---------- SUPPLIED RECORDS

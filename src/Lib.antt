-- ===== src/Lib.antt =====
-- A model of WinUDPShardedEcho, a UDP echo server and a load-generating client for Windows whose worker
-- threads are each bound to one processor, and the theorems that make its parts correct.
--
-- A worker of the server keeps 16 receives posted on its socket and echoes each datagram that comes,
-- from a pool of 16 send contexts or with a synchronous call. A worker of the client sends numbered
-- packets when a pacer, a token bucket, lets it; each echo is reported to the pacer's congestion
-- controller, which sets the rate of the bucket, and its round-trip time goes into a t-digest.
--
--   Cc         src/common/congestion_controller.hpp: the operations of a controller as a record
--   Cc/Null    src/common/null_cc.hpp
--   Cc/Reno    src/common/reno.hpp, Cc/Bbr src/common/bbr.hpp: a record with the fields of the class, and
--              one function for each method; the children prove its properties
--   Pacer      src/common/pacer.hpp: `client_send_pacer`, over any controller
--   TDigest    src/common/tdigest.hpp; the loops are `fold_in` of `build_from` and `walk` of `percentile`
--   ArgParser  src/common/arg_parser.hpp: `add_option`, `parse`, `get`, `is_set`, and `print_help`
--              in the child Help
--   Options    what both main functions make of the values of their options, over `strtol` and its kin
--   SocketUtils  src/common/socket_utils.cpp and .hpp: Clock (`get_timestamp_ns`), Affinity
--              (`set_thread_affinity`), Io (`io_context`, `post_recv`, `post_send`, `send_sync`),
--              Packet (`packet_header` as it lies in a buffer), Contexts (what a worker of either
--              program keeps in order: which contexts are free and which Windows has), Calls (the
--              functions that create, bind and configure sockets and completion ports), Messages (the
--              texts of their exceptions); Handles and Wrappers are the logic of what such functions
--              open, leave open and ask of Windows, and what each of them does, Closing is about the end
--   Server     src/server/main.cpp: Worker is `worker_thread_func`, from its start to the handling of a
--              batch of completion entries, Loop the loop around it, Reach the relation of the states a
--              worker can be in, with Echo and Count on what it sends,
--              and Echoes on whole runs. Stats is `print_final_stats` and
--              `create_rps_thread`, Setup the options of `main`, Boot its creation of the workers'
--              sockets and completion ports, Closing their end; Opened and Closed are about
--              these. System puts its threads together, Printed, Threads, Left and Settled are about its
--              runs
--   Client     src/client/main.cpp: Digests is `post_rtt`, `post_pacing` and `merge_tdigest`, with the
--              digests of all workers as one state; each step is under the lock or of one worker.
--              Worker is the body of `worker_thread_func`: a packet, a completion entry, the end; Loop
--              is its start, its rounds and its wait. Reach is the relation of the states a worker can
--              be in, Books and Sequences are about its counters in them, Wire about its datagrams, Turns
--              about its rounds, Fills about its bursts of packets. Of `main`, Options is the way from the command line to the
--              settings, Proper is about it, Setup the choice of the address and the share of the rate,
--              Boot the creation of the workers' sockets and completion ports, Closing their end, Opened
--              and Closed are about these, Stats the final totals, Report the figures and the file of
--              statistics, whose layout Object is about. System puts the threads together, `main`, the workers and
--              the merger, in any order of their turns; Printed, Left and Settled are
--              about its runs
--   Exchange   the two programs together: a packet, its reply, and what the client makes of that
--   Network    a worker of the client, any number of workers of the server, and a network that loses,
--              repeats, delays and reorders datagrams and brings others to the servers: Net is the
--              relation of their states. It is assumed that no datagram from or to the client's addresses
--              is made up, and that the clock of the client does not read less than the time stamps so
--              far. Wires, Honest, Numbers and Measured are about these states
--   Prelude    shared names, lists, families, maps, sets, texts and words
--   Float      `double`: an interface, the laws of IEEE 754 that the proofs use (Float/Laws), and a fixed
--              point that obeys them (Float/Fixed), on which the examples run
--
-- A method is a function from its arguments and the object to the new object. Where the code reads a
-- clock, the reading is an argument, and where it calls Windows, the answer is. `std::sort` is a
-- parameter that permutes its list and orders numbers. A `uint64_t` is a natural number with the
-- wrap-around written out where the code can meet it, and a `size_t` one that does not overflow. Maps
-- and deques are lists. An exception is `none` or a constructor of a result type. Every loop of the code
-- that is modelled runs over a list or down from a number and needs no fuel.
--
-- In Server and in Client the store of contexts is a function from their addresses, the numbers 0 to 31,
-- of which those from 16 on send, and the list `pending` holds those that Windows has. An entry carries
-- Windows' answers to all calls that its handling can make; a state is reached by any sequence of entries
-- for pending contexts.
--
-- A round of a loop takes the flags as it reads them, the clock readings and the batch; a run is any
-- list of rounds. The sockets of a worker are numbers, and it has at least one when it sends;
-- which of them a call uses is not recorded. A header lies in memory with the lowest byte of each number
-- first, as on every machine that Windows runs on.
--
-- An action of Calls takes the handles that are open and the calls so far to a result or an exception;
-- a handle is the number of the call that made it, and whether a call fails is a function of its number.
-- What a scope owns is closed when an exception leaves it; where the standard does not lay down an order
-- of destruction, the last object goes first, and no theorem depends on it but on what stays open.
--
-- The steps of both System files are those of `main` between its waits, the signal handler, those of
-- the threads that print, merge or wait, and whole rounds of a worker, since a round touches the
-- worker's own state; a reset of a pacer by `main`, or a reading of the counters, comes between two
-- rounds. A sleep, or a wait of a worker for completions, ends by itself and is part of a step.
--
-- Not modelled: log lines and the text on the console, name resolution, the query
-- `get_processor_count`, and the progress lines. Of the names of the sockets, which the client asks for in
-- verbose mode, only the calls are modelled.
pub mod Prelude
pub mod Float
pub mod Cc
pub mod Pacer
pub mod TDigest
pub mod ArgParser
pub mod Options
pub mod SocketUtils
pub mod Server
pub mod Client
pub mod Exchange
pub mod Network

--------------------

*EXERCISE INSTRUCTIONS*:
For this exercise, please output exactly the lines above starting at the line with "-- clock, the" and ending at the line with "-- A round of", ends included.

*RESPONSE TO THE TASK*:
-- clock, the reading is an argument, and where it calls Windows, the answer is. `std::sort` is a
-- parameter that permutes its list and orders numbers. A `uint64_t` is a natural number with the
-- wrap-around written out where the code can meet it, and a `size_t` one that does not overflow. Maps
-- and deques are lists. An exception is `none` or a constructor of a result type. Every loop of the code
-- that is modelled runs over a list or down from a number and needs no fuel.
--
-- In Server and in Client the store of contexts is a function from their addresses, the numbers 0 to 31,
-- of which those from 16 on send, and the list `pending` holds those that Windows has. An entry carries
-- Windows' answers to all calls that its handling can make; a state is reached by any sequence of entries
-- for pending contexts.
--
-- A round of a loop takes the flags as it reads them, the clock readings and the batch; a run is any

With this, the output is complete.